Stored data entries
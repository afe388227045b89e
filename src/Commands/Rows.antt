-- ===== src/Commands/Rows.antt =====
-- integrations/llama_cpp/runtime_commands.py: what `_layout_ranges` makes of the rows of a layout.
use solid_attention.Base.{
  ◌≡◌, refl, ◌≢◌, inl, inr, false, none, some, List, [], ◌∷◌, ok, arith, All, AllPairs, Any,
  >>-eq-ok, skip_raise, ◌∙◌, ap, sym,
}
use solid_attention.Base.Dict.{
  Dict, get, contains, set, get-set_self, get-set_ne, contains-eq-false,
}
use solid_attention.Base.Fill.{put_all, get-put_all, get-put_all-some}
use solid_attention.Commands.{PlanRange, RowKey, row_key, row_key_discrete, layout_ranges}

-- No row has the key of another.
abbrev pub DistinctRows : List PlanRange → Type 0
DistinctRows = AllPairs (λ p q. row_key p ≢ row_key q)

-- A dictionary with the rows under their keys, and nothing else.
abbrev pub Finds : Dict RowKey PlanRange → List PlanRange → Type 0
Finds d rows =
    All (λ r. get row_key_discrete (row_key r) d ≡ some r) rows
    × ((k : RowKey) (r : PlanRange)
        → get row_key_discrete k d ≡ some r
        → Any (λ q. (q ≡ r) × (row_key q ≡ k)) rows)

abbrev NewTo : Dict RowKey PlanRange → List PlanRange → Type 0
NewTo d rows = All (λ r. get row_key_discrete (row_key r) d ≡ none) rows

abbrev put_rows : Dict RowKey PlanRange → List PlanRange → Dict RowKey PlanRange
put_rows = put_all row_key_discrete row_key

absent :
    (k : RowKey) (d : Dict RowKey PlanRange)
    → get row_key_discrete k d ≡ none
    → contains row_key_discrete k d ≡ false
absent k d h = ground arith

still_new :
    (r : PlanRange) (d : Dict RowKey PlanRange) (rows : List PlanRange)
    → All (λ q. row_key r ≢ row_key q) rows
    → NewTo d rows
    → NewTo (set row_key_discrete (row_key r) r d) rows
still_new r d [] n h = tt
still_new r d (q ∷ rows) n h = (
  get-set_ne row_key_discrete (row_key q) (row_key r) r d (λ e. n.0 (sym e)) ∙ h.0,
  still_new r d rows n.1 h.1,
)

were_new :
    (r : PlanRange) (d : Dict RowKey PlanRange) (rows : List PlanRange)
    → NewTo (set row_key_discrete (row_key r) r d) rows
    → All (λ q. row_key r ≢ row_key q) rows × NewTo d rows
were_new r d [] h = (tt, tt)
were_new r d (q ∷ rows) h =
    let apart : row_key r ≢ row_key q = λ e.
      let both =
        sym (get-set_self row_key_discrete (row_key r) r d)
        ∙ ap (λ k. get row_key_discrete k (set row_key_discrete (row_key r) r d)) e
        ∙ h.0 in
      cc in
    let (more, rest) = were_new r d rows h.1 in
    (
      (apart, more),
      (
        sym (get-set_ne row_key_discrete (row_key q) (row_key r) r d (λ e. apart (sym e))) ∙ h.0,
        rest,
      ),
    )

layout_ranges-fills :
    (d : Dict RowKey PlanRange) (rows : List PlanRange)
    → DistinctRows rows
    → NewTo d rows
    → layout_ranges d rows ≡ ok (put_rows d rows)
unfolding layout_ranges put_all
layout_ranges-fills d [] n h = refl
layout_ranges-fills d (r ∷ rows) n h =
    skip_raise _ _ (absent (row_key r) d h.0)
    ∙ layout_ranges-fills (set row_key_discrete (row_key r) r d) rows n.1
        (still_new r d rows n.0 h.1)

layout_ranges-ok :
    (d : Dict RowKey PlanRange) (rows : List PlanRange) (out : Dict RowKey PlanRange)
    → layout_ranges d rows ≡ ok out
    → DistinctRows rows × NewTo d rows
unfolding layout_ranges
layout_ranges-ok d [] out h = (tt, tt)
layout_ranges-ok d (r ∷ rows) out h =
    let (new, h') = >>-eq-ok (contains row_key_discrete (row_key r) d) _ _ h in
    let (distinct, later) = layout_ranges-ok (set row_key_discrete (row_key r) r d) rows out h' in
    let (apart, before) = were_new r d rows later in
    ((apart, distinct), (contains-eq-false row_key_discrete (row_key r) d new, before))

no_row : (k : RowKey) (r : PlanRange) → get row_key_discrete k [] ≢ some r
unfolding get
no_row k r h = cc

all_new : (rows : List PlanRange) → NewTo [] rows
unfolding get
all_new [] = tt
all_new (r ∷ rows) = (refl, all_new rows)

-- `_layout_ranges` returns exactly when no two rows have one key, and then finds each row under its
-- key and nothing else.
pub layout_ranges-Finds :
    (rows : List PlanRange)
    → DistinctRows rows
    → (d : Dict RowKey PlanRange) × (layout_ranges [] rows ≡ ok d) × Finds d rows
layout_ranges-Finds rows n = (
  put_rows [] rows,
  layout_ranges-fills [] rows n (all_new rows),
  (
    get-put_all row_key_discrete row_key [] rows n,
    λ k r h. elim (get-put_all-some row_key_discrete row_key k [] rows r h) [
      | inl before ↦ absurd (no_row k r before)
      | inr at ↦ at
    ],
  ),
)

pub layout_ranges-distinct :
    (rows : List PlanRange) (d : Dict RowKey PlanRange)
    → layout_ranges [] rows ≡ ok d
    → DistinctRows rows
layout_ranges-distinct rows d h = (layout_ranges-ok [] rows d h).0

--- WHAT YOU SHOULD DO ---
Lines containing the word "Type" are to be pulled from the records and copied.

--- OUTPUT FOR THIS TASK ---
abbrev pub DistinctRows : List PlanRange → Type 0
abbrev pub Finds : Dict RowKey PlanRange → List PlanRange → Type 0
abbrev NewTo : Dict RowKey PlanRange → List PlanRange → Type 0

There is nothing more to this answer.